◆ Brief ◆
If a line in the listing below has the string "unfolding", copy it out.
──────
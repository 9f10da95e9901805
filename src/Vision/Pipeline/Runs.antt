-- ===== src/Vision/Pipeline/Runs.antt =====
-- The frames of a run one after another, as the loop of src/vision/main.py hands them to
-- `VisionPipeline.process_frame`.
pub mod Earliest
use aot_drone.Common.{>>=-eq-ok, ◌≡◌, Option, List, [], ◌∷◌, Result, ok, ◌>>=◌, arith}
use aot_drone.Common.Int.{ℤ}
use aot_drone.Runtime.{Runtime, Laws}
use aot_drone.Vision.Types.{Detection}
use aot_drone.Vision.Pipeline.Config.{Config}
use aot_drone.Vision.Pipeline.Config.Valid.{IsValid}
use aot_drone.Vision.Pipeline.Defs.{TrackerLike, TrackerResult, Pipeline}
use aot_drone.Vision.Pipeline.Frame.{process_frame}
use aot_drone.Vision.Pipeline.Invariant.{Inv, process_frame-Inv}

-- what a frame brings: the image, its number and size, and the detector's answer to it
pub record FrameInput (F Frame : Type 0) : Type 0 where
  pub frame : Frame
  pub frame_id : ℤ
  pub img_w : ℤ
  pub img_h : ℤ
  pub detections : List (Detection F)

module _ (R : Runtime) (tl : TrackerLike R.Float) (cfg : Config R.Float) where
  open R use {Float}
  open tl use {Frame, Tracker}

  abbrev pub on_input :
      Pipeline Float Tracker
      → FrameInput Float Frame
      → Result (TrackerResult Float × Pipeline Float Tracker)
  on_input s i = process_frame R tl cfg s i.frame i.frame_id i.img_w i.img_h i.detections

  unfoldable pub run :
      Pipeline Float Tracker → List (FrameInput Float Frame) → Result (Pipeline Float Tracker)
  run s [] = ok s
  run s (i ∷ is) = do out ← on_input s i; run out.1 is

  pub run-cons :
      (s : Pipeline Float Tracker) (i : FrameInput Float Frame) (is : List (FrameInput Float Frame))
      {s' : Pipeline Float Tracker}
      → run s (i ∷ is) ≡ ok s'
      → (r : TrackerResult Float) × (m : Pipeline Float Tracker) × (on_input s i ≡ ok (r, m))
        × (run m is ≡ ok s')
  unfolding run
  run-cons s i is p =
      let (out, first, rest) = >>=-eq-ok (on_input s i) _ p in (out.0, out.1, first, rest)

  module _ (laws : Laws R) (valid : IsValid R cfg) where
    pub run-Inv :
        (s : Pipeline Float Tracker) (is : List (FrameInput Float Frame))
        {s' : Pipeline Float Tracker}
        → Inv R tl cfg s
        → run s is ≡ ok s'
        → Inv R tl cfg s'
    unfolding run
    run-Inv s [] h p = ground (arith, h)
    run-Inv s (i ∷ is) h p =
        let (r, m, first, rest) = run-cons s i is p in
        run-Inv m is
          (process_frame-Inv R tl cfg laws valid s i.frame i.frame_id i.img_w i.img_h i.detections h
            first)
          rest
──────
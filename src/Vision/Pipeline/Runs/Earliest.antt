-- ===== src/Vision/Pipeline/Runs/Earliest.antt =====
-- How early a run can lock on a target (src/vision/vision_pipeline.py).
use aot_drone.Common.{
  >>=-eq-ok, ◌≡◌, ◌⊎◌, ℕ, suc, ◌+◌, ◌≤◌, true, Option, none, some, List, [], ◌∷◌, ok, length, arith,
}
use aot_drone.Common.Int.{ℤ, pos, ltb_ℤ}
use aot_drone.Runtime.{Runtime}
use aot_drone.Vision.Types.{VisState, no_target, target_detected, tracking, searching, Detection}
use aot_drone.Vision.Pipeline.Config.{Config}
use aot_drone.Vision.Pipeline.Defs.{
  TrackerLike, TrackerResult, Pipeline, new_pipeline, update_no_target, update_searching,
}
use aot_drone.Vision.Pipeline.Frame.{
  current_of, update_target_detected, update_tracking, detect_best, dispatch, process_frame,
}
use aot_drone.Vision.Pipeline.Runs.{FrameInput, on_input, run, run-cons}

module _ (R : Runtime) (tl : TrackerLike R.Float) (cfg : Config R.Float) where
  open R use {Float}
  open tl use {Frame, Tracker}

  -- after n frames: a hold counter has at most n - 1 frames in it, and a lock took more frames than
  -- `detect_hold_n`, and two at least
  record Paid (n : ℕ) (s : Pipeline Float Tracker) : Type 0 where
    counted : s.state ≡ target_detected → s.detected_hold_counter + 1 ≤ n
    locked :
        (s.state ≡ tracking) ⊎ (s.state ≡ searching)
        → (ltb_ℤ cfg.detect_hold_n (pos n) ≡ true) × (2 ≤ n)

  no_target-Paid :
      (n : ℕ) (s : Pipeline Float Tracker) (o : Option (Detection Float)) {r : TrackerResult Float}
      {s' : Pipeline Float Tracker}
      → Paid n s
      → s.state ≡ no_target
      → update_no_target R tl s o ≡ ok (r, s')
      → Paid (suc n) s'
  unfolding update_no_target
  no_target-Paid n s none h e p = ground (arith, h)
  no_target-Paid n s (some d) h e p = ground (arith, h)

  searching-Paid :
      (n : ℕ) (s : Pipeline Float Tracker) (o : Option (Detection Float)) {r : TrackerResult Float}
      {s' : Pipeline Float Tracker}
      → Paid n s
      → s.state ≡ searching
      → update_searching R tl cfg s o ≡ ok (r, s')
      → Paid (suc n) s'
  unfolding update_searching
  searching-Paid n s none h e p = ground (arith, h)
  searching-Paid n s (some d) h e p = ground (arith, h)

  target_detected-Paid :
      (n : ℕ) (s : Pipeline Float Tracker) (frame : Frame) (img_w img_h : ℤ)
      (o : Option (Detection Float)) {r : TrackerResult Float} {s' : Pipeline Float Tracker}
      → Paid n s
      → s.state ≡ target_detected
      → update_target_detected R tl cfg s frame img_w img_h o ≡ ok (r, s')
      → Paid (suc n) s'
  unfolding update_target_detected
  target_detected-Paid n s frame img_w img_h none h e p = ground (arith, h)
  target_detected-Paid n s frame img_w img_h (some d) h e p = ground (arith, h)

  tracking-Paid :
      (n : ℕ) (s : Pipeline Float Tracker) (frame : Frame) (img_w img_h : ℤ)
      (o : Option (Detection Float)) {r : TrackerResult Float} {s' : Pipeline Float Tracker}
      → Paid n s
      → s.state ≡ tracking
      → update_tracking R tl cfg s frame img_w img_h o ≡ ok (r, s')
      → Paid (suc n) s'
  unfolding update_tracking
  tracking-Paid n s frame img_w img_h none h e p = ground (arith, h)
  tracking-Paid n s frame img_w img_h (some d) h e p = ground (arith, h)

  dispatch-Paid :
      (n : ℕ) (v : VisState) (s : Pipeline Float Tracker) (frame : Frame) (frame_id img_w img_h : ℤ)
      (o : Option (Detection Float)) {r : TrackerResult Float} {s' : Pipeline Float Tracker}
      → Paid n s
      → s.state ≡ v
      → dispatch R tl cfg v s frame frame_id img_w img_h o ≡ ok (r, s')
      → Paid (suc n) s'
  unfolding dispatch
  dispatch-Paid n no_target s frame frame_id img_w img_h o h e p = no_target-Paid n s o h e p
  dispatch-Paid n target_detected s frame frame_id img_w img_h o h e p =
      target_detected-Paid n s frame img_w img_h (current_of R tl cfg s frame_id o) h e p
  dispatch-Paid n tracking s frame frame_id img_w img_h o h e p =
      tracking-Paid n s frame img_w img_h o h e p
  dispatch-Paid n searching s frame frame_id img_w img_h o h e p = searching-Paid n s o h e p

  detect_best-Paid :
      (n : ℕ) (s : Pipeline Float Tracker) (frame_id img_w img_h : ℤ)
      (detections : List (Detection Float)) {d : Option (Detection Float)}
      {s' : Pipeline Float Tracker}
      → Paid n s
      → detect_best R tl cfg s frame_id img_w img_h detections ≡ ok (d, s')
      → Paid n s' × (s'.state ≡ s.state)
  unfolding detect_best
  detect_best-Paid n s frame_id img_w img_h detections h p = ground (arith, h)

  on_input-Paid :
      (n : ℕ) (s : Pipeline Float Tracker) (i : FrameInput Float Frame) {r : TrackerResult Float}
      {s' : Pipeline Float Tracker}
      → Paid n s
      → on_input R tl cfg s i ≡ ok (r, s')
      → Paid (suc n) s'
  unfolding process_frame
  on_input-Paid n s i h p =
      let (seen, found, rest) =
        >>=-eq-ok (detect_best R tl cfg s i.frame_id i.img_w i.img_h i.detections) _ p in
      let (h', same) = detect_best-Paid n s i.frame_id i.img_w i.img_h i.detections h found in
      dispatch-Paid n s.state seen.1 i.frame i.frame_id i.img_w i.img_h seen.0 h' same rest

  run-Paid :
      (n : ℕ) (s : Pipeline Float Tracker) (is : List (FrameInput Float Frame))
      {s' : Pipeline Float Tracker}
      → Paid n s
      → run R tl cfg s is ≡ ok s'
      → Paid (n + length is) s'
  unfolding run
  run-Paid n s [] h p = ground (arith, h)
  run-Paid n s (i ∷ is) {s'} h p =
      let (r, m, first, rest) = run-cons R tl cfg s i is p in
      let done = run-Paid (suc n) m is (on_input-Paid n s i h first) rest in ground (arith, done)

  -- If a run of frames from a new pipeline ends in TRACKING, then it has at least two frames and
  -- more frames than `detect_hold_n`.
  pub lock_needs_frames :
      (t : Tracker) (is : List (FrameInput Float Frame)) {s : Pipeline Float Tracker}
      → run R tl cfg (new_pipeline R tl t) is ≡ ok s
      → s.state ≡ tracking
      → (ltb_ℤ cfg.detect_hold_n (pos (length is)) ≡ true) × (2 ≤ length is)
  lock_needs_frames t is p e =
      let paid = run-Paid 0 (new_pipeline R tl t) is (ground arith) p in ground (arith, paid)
──────
◆ Solution to this exercise ◆
  unfolding run
    unfolding run
  unfolding update_no_target
  unfolding update_searching
  unfolding update_target_detected
  unfolding update_tracking
  unfolding dispatch
  unfolding detect_best
  unfolding process_frame
  unfolding run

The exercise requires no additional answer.